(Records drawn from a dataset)
==============================

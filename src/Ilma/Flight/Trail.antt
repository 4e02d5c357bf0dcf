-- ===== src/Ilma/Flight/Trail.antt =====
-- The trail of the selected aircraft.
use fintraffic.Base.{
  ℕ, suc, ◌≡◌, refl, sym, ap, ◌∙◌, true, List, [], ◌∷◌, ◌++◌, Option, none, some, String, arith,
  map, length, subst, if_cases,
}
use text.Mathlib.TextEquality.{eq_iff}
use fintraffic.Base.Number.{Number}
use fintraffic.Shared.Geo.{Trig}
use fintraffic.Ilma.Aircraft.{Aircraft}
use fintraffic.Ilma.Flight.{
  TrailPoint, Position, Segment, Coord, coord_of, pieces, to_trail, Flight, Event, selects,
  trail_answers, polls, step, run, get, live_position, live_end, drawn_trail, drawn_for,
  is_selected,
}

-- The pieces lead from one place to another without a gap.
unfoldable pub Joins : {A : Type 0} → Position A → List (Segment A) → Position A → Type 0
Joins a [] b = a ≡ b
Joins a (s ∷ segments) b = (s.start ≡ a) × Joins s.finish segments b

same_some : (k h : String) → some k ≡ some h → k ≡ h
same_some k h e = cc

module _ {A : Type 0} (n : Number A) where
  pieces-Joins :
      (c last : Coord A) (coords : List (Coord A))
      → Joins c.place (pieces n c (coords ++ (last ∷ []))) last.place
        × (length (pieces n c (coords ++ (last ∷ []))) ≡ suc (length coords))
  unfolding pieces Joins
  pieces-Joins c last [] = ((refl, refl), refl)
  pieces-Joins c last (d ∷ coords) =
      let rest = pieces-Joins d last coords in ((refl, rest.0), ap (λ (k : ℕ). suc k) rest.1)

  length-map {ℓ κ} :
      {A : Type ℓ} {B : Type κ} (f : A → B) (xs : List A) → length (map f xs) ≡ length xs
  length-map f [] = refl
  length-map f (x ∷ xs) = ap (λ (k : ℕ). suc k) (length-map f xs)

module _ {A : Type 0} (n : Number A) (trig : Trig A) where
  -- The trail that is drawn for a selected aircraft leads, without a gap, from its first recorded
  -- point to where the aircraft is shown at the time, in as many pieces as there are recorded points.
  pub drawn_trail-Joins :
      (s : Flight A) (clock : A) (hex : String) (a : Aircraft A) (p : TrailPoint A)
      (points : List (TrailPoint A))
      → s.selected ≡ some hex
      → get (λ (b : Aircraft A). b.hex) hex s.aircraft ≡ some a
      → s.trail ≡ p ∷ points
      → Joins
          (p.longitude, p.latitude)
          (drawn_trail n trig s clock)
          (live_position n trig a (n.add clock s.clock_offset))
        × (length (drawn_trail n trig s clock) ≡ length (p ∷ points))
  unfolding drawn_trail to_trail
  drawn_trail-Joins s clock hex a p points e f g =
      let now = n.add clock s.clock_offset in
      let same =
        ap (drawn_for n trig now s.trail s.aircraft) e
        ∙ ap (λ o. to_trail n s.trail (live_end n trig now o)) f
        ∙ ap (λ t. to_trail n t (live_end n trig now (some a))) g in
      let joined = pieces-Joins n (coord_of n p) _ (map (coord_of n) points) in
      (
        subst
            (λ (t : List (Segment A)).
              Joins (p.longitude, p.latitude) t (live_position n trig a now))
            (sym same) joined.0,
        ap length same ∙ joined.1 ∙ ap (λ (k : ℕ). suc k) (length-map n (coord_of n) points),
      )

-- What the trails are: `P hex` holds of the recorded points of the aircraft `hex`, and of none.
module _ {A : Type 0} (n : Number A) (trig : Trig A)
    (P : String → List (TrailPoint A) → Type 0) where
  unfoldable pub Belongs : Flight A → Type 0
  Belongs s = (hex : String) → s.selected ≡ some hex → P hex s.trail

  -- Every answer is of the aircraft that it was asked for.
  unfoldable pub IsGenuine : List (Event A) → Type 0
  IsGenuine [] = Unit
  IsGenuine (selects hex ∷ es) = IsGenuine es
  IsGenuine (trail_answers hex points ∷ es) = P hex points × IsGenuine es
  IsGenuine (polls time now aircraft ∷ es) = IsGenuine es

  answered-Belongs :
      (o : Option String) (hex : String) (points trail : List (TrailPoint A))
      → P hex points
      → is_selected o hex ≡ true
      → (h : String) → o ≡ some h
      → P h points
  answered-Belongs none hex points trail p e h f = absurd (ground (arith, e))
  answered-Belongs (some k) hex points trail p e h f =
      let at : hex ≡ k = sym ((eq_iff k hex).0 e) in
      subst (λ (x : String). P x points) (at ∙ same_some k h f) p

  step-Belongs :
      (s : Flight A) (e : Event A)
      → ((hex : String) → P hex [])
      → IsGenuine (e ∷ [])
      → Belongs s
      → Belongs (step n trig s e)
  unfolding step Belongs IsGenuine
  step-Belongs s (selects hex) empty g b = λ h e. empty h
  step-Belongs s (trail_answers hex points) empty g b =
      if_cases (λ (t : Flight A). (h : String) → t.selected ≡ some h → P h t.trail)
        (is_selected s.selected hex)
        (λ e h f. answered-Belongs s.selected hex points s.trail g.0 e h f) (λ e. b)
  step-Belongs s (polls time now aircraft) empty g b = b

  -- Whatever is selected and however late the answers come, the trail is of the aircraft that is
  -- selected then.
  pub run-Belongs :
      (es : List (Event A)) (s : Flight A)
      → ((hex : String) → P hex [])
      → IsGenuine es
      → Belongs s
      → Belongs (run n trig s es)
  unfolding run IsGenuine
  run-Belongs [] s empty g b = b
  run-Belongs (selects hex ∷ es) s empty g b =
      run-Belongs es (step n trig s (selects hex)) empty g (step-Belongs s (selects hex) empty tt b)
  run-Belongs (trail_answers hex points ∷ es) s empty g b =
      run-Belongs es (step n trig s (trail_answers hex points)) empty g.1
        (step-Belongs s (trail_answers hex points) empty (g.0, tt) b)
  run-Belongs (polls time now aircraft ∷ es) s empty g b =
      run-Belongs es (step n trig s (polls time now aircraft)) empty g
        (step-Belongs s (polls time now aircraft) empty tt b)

==============================

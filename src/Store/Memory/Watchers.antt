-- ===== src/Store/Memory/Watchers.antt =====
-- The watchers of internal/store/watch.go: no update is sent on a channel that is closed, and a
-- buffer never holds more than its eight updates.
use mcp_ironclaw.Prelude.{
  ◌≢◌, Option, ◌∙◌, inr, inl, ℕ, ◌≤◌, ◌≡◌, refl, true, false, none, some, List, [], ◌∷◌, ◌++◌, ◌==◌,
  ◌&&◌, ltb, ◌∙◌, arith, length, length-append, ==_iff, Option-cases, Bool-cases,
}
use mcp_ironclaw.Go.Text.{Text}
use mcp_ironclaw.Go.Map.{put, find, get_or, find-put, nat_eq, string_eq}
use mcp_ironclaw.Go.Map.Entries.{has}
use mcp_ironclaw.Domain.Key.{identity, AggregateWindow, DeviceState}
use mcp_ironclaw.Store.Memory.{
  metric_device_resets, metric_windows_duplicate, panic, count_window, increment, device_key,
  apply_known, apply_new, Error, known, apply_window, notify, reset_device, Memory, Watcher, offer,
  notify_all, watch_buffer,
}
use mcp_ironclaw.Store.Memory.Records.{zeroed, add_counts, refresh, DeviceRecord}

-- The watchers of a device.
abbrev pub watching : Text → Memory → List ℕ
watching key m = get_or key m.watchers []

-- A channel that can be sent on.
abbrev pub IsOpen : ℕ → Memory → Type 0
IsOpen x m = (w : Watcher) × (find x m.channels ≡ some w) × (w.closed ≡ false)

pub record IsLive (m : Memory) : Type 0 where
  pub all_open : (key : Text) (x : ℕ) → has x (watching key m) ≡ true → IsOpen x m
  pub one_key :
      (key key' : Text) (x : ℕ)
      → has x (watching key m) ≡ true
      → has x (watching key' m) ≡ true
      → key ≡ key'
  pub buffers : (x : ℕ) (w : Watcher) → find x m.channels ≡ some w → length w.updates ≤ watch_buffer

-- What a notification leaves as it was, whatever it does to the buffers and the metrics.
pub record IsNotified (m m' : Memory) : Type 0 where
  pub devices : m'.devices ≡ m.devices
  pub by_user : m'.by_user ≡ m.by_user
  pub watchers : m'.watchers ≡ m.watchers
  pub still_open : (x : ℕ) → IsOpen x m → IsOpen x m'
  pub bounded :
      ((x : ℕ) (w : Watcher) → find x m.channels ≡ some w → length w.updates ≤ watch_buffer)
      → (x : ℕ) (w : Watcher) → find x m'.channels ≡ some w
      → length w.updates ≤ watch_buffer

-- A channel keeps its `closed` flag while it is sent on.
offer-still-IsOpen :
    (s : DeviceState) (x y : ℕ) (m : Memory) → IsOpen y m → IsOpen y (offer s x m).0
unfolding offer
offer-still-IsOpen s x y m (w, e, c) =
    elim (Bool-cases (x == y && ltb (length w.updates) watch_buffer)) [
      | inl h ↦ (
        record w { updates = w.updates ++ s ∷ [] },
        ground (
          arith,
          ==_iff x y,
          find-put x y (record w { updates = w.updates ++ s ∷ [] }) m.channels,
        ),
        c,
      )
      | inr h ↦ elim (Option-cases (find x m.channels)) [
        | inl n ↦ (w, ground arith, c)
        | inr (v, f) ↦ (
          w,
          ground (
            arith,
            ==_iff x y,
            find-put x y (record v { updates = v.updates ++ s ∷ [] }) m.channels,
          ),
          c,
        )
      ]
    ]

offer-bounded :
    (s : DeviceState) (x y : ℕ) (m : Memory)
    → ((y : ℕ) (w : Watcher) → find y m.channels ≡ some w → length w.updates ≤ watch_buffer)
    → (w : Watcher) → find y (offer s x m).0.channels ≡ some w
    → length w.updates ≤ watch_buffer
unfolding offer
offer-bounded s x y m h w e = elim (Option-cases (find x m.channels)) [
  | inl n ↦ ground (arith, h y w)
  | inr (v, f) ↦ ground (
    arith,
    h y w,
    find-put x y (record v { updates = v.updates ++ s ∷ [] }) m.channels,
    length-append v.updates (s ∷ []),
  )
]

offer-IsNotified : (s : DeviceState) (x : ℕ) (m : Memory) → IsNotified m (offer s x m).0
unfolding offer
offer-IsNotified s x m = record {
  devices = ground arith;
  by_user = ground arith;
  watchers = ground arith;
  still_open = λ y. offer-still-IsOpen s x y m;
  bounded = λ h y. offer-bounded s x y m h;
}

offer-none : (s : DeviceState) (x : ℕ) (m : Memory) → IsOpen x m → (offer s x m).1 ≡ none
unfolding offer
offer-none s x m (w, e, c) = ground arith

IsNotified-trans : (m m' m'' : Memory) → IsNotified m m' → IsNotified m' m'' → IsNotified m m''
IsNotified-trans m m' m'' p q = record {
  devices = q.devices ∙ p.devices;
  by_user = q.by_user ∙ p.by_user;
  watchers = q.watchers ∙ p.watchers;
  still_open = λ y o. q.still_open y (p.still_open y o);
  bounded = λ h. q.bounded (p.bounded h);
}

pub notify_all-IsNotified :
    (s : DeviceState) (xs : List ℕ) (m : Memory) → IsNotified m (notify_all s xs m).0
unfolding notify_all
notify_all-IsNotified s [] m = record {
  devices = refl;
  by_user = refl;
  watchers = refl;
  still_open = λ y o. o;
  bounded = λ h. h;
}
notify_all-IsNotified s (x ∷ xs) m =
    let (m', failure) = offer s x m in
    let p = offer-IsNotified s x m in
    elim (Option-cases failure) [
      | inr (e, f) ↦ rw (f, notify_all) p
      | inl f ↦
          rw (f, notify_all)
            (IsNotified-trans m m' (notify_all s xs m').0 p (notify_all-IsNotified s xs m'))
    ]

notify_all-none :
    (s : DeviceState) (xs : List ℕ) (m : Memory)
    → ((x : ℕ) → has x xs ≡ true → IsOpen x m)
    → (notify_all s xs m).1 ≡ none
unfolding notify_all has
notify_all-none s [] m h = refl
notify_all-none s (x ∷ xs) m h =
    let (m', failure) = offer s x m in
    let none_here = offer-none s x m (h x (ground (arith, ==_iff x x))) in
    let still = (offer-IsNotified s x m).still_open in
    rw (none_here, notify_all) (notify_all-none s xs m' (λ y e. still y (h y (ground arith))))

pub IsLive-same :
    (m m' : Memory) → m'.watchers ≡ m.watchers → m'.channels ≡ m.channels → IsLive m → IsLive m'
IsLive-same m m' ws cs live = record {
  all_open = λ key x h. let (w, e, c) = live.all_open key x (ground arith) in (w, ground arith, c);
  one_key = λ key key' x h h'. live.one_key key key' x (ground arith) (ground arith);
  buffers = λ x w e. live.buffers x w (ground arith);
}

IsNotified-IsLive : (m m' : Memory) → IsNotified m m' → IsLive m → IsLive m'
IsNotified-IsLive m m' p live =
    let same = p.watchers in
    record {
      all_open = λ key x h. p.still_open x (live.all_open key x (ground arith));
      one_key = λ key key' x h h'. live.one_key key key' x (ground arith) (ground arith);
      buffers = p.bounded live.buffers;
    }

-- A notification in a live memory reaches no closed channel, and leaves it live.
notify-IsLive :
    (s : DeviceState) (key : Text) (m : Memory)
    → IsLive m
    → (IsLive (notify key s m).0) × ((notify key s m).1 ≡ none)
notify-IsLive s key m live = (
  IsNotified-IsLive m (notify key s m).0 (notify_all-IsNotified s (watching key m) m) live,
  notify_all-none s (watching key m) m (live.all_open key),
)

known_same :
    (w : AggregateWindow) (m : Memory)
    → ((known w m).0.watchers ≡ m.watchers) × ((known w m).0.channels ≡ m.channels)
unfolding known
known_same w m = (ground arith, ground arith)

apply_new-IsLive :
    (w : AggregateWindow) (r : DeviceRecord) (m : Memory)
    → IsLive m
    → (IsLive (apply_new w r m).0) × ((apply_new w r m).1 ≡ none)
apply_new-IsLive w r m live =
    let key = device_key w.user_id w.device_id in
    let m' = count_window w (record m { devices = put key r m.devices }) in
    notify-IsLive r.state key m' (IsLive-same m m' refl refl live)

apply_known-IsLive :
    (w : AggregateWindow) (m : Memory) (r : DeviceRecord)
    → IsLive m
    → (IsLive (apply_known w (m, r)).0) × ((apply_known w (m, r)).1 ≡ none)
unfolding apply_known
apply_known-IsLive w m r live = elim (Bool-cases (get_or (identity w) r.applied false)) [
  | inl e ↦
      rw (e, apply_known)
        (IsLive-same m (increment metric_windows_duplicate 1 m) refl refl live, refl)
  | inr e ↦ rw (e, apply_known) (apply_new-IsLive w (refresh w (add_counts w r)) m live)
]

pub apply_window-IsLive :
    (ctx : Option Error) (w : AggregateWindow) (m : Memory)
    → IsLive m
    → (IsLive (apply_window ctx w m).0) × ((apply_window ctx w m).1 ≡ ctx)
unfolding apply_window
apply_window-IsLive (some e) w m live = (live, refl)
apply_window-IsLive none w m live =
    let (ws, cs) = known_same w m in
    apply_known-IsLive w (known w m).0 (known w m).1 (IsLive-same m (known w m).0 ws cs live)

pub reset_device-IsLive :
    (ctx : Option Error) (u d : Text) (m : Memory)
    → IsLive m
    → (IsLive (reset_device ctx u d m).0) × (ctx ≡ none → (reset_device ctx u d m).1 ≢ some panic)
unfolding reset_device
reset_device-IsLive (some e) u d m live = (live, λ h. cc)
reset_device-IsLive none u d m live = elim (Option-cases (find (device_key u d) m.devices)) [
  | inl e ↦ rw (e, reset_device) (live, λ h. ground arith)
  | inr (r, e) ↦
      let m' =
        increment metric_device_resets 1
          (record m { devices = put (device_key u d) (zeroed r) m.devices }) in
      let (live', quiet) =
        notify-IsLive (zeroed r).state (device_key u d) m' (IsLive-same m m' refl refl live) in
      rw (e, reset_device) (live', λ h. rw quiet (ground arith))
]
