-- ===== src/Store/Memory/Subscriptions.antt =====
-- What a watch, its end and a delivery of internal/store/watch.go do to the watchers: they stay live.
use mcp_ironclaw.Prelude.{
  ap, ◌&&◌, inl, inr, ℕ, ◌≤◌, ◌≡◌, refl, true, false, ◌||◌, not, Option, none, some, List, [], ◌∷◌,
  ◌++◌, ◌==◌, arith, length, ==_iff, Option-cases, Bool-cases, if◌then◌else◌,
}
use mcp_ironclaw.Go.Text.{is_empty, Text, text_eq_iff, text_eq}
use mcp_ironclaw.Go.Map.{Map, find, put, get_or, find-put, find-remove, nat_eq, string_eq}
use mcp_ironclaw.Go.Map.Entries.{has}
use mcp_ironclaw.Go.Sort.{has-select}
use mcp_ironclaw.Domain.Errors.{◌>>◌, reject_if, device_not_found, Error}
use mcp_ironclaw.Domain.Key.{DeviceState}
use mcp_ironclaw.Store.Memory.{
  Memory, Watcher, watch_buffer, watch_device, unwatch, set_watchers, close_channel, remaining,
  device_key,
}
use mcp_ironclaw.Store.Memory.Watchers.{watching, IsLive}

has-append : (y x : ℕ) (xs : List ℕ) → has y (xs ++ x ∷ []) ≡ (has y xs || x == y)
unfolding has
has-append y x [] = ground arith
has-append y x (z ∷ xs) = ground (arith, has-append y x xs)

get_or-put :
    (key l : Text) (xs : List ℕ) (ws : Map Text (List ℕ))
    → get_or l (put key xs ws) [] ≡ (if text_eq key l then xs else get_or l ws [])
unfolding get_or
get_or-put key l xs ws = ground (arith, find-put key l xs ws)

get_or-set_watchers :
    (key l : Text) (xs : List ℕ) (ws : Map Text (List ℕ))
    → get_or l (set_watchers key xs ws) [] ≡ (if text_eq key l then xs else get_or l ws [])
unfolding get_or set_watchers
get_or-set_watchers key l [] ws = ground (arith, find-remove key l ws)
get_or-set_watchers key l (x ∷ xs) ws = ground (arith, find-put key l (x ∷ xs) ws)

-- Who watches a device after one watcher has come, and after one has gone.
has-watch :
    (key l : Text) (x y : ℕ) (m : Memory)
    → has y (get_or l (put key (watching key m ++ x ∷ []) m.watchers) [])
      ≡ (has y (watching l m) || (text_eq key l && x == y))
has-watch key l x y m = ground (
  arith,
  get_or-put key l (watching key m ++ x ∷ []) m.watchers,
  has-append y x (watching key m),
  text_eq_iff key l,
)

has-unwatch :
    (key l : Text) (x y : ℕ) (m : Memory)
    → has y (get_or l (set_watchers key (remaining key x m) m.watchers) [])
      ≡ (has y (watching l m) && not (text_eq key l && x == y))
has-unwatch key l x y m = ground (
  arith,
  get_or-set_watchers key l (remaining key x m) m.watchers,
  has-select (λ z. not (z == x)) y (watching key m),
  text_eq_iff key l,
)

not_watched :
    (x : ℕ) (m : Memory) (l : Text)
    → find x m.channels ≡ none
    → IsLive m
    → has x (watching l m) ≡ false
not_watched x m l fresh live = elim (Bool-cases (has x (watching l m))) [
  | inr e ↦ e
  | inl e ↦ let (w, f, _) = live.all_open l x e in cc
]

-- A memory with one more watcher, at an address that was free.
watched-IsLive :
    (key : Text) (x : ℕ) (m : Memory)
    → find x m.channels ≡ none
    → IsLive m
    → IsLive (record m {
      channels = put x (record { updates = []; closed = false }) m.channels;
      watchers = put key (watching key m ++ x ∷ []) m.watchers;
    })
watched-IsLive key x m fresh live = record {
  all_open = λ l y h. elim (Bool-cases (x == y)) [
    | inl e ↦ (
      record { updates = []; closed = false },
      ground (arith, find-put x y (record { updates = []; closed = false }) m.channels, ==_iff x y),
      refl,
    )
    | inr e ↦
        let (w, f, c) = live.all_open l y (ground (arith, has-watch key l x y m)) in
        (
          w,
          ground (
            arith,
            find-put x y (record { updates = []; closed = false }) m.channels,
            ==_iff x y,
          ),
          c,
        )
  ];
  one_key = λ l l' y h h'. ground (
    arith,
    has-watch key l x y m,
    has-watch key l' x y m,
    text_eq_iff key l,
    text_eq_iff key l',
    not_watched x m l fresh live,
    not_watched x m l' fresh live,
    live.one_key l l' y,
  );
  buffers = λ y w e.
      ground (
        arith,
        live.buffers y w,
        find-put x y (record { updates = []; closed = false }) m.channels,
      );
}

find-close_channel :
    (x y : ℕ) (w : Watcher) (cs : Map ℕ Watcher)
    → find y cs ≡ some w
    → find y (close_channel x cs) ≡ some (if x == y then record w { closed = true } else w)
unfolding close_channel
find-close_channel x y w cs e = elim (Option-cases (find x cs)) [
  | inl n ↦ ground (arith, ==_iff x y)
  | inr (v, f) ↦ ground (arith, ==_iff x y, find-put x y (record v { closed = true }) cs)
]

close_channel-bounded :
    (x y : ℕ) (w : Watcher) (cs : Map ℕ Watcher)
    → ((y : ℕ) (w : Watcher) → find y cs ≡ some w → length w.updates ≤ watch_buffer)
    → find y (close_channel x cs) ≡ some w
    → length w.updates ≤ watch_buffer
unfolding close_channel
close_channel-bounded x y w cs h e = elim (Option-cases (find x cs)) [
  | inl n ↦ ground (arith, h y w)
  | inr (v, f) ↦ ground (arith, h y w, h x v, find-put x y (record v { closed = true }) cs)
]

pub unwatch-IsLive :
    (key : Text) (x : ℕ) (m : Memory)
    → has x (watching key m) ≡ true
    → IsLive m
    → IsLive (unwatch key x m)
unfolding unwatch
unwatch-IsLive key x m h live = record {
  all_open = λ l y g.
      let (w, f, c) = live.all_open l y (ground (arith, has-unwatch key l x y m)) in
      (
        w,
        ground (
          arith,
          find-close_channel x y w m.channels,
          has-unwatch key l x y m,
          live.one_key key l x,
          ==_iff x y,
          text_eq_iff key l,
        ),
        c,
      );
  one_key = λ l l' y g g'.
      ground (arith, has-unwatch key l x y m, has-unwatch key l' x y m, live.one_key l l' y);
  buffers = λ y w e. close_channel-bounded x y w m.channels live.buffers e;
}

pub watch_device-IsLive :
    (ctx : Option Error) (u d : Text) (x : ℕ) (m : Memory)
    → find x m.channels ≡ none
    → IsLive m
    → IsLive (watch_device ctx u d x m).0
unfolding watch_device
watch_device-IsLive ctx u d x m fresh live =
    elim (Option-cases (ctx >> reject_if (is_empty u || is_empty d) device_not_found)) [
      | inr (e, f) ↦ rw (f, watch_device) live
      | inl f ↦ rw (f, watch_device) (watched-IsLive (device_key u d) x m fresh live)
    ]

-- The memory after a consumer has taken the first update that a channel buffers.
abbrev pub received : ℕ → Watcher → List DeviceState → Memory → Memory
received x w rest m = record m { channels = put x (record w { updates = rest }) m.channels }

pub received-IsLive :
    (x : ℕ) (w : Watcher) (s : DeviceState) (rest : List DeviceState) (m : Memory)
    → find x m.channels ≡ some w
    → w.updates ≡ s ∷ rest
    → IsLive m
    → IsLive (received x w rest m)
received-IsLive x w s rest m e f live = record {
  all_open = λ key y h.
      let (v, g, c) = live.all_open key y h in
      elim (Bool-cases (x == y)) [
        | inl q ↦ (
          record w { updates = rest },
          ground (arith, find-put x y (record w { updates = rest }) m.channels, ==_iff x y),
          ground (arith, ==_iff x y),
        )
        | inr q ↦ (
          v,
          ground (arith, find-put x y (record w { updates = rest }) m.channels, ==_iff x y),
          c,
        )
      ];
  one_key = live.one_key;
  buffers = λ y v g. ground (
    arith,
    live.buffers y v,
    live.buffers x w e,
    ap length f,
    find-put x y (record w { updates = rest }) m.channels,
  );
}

==============================

**TASK:** Starting with the line that holds "filename src/Ilma/Flight/Trail.antt" and ending with the line that holds "Joins a (s ∷", retype every line in the data above exactly, and nothing else.

**EXERCISE OUTPUT:**
filename src/Ilma/Flight/Trail.antt
repository 4e02d5c357bf0dcf
-- ===== src/Ilma/Flight/Trail.antt =====
-- The trail of the selected aircraft.
use fintraffic.Base.{
  ℕ, suc, ◌≡◌, refl, sym, ap, ◌∙◌, true, List, [], ◌∷◌, ◌++◌, Option, none, some, String, arith,
  map, length, subst, if_cases,
}
use text.Mathlib.TextEquality.{eq_iff}
use fintraffic.Base.Number.{Number}
use fintraffic.Shared.Geo.{Trig}
use fintraffic.Ilma.Aircraft.{Aircraft}
use fintraffic.Ilma.Flight.{
  TrailPoint, Position, Segment, Coord, coord_of, pieces, to_trail, Flight, Event, selects,
  trail_answers, polls, step, run, get, live_position, live_end, drawn_trail, drawn_for,
  is_selected,
}

-- The pieces lead from one place to another without a gap.
unfoldable pub Joins : {A : Type 0} → Position A → List (Segment A) → Position A → Type 0
Joins a [] b = a ≡ b
Joins a (s ∷ segments) b = (s.start ≡ a) × Joins s.finish segments b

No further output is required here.